1. A can at least a part of which is made of a steel sheet at least one surface of which is provided with a three-layered chromium coating consisting of a metallic chromium coating, a crystalline chromium oxide coating and a non-crystalline hydrated chromium oxide coating in this order beginning with the surface of the steel sheet.

2. The can of claim 1 wherein the chromium coated layer is provided or both surfaces of the base steel sheet.

3. The can of claim 1 wherein the amounts per unit area of the metallic chromium layer, the crystalline chromium oxide layer, and the non-crystalline hydrated chromium oxide layer, calculated as chromium, are 0.1 to 3 mg/dm.sup.2, 0.01 to 0.2 mg/dm.sup.2, and 0.05 to 0.5 mg/dm.sup.2, respectively.

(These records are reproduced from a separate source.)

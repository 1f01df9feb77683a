-- ===== src/Mqtt/Topic/Valid.antt =====
-- core/aiot_mqtt_api.c: the filters that `_core_mqtt_topic_is_valid` lets through.
use aliyun_iot_arm.Prelude.{
  ℕ, ◌≡◌, refl, sym, ◌∙◌, subst, ◌↔◌, ◌⊎◌, inl, inr, Bool, true, List, [], ◌∷◌, ◌++◌, arith, ◌==◌,
  ==_iff, Bool-cases, All, Bytes,
}
use aliyun_iot_arm.Mqtt.Codes.{state_success}
use aliyun_iot_arm.Mqtt.Topic.{valid_from, topic_is_valid}
use aliyun_iot_arm.Mqtt.Topic.Levels.{tails, join, IsNot, IsPlain, IsFilter}

-- What validity says of the levels behind the first one.
abbrev ValidTails : List Bytes → Type 0
ValidTails [] = Unit
ValidTails (m ∷ ms) = valid_from b'/' (m ++ tails ms) ≡ true

valid-tails : (before : ℕ) (ls : List Bytes) → valid_from before (tails ls) ≡ true → ValidTails ls
unfolding valid_from
valid-tails before [] h = tt
valid-tails before (m ∷ ms) h = h

valid_plain :
    (before c : ℕ) (rest : Bytes) → IsPlain c → valid_from before (c ∷ rest) ≡ valid_from c rest
unfolding valid_from
valid_plain before c rest h = ground arith

-- Inside a level there is no wildcard.
inside :
    (before : ℕ) (l : Bytes) (ls : List Bytes)
    → IsNot b'/' before
    → All (IsNot b'/') l
    → valid_from before (l ++ tails ls) ≡ true
    → All IsPlain l × ValidTails ls
inside before [] ls hb hl h = (tt, valid-tails before ls h)
inside before (c ∷ l) ls hb hl h =
    let plain : IsPlain c =
      (hl.0, unfold valid_from in ground arith, unfold valid_from in ground arith) in
    let (all, behind) =
      inside c l ls hl.0 hl.1 (sym (valid_plain before c (l ++ tails ls) plain) ∙ h) in
    ((plain, all), behind)

-- At the start of a level, a wildcard is all of it.
plus_alone :
    (l : Bytes) (ls : List Bytes)
    → All (IsNot b'/') l
    → valid_from b'/' (b'+' ∷ (l ++ tails ls)) ≡ true
    → (l ≡ []) × ValidTails ls
unfolding valid_from
plus_alone [] [] hl h = (refl, tt)
plus_alone [] (m ∷ ms) hl h = (refl, h)
plus_alone (c ∷ l) ls hl h = absurd (ground arith)

hash_alone :
    (l : Bytes) (ls : List Bytes)
    → valid_from b'/' (b'#' ∷ (l ++ tails ls)) ≡ true
    → (l ≡ []) × (ls ≡ [])
unfolding valid_from
hash_alone [] [] h = (refl, refl)
hash_alone [] (m ∷ ms) h = cc
hash_alone (c ∷ l) ls h = cc

abbrev IsLevel : Bytes → List Bytes → Type 0
IsLevel l ls = All IsPlain l ⊎ ((l ≡ b'+' ∷ []) ⊎ ((l ≡ b'#' ∷ []) × (ls ≡ [])))

IsLevel-start :
    (l : Bytes) (ls : List Bytes)
    → All (IsNot b'/') l
    → valid_from b'/' (l ++ tails ls) ≡ true
    → IsLevel l ls × ValidTails ls
IsLevel-start [] ls hl h = (inl tt, valid-tails b'/' ls h)
IsLevel-start (c ∷ l) ls hl h = elim (Bool-cases (c == b'+')) [
  | inl e ↦
      let (alone, behind) = plus_alone l ls hl.1 (rw ((==_iff c b'+').0 e) at h) in
      (inr (inl (ground arith)), behind)
  | inr not_plus ↦ elim (Bool-cases (c == b'#')) [
    | inl e ↦
        let (alone, last) = hash_alone l ls (rw ((==_iff c b'#').0 e) at h) in
        (inr (inr (ground arith, last)), subst ValidTails (sym last) tt)
    | inr not_hash ↦
        let plain : IsPlain c = (hl.0, not_plus, not_hash) in
        let (all, behind) =
          inside c l ls hl.0 hl.1 (sym (valid_plain b'/' c (l ++ tails ls) plain) ∙ h) in
        (inl (plain, all), behind)
  ]
]

IsFilter-valid :
    (l : Bytes) (ls : List Bytes)
    → All (All (IsNot b'/')) (l ∷ ls)
    → valid_from b'/' (join (l ∷ ls)) ≡ true
    → IsFilter (l ∷ ls)
IsFilter-valid l [] h v = ((IsLevel-start l [] h.0 v).0, tt)
IsFilter-valid l (m ∷ ms) h v =
    let (level, behind) = IsLevel-start l (m ∷ ms) h.0 v in (level, IsFilter-valid m ms h.1 behind)

valid-plain :
    (before : ℕ) (l : Bytes) (ls : List Bytes)
    → All IsPlain l
    → ValidTails ls
    → valid_from before (l ++ tails ls) ≡ true
valid-plain before [] [] hl h = unfold valid_from in refl
valid-plain before [] (m ∷ ms) hl h = unfold valid_from in h
valid-plain before (c ∷ l) ls hl h =
    valid_plain before c (l ++ tails ls) hl.0 ∙ valid-plain c l ls hl.1 h

valid-level :
    (l : Bytes) (ls : List Bytes)
    → IsLevel l ls
    → ValidTails ls
    → valid_from b'/' (l ++ tails ls) ≡ true
unfolding valid_from
valid-level l ls (inl plain) h = valid-plain b'/' l ls plain h
valid-level l [] (inr (inl e)) h = rw e
valid-level l (m ∷ ms) (inr (inl e)) h = rw e h
valid-level l ls (inr (inr (e, last))) h = rw (e, last)

valid-IsFilter :
    (l : Bytes) (ls : List Bytes) → IsFilter (l ∷ ls) → valid_from b'/' (join (l ∷ ls)) ≡ true
valid-IsFilter l [] f = valid-level l [] f.0 tt
valid-IsFilter l (m ∷ ms) f = valid-level l (m ∷ ms) f.0 (valid-IsFilter m ms f.1)

-- Of the texts that begin with a slash, with any levels behind it, those are let through whose
-- wildcards fill their levels, `#` only the last one; whether the header is checked makes no
-- difference.
pub topic_is_valid_iff :
    (topic_header_check : Bool) (l : Bytes) (ls : List Bytes)
    → All (All (IsNot b'/')) (l ∷ ls)
    → (topic_is_valid topic_header_check (b'/' ∷ join (l ∷ ls)) ≡ state_success) ↔ IsFilter (l ∷ ls)
unfolding topic_is_valid
topic_is_valid_iff check l ls h =
    (λ e. IsFilter-valid l ls h (ground arith), λ f. ground (arith, valid-IsFilter l ls f))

4. The can of claim 1 wherein the amounts per unit area of the metallic chromium layer, the crystalline chromium oxide layer, and the non-crystalline hydrated chromium oxide layer, calculated as chromium, are 0.3 to 1.8 mg/dm.sup.2, 0.03 to 0.15 mg/dm.sup.2, and 0.1 to 0.3 mg/dm.sup.2, respectively.

5. The can of claim 1 wherein an organic coating is formed at least a part of the outer surface of the chromium coated layer.

6. The can of claim 5 wherein said organic coating is composed of a thermocuring resin enamel selected from the group consisting of a phenol resin, a urea resin, an epoxy resin and mixtures of two or more of these with each other.

7. The can of claim 5 wherein said organic coating is composed of a thermoplastic resin enamel selected from the group consisting of a vinyl chloride resin, acrylic resin and vinyl chloride/vinyl acetate copolymer.

8. The can of claim 5 wherein said organic coating is composed of a fused coating of a polyethylene resin, polypropylene resin or linear polyester resin.

9. The can of claim 5 wherein said organic coating consists of a primer of a thermo-curable enamel selected from the group consisting of a phenol resin, urea resin, epoxy resin and mixtures of two or more of these with each other and formed thereon a thermoplastic resin enamel layer selected from the group consisting of a vinyl chloride resin, acrylic resin and vinyl chloride/vinyl acetate copolymer.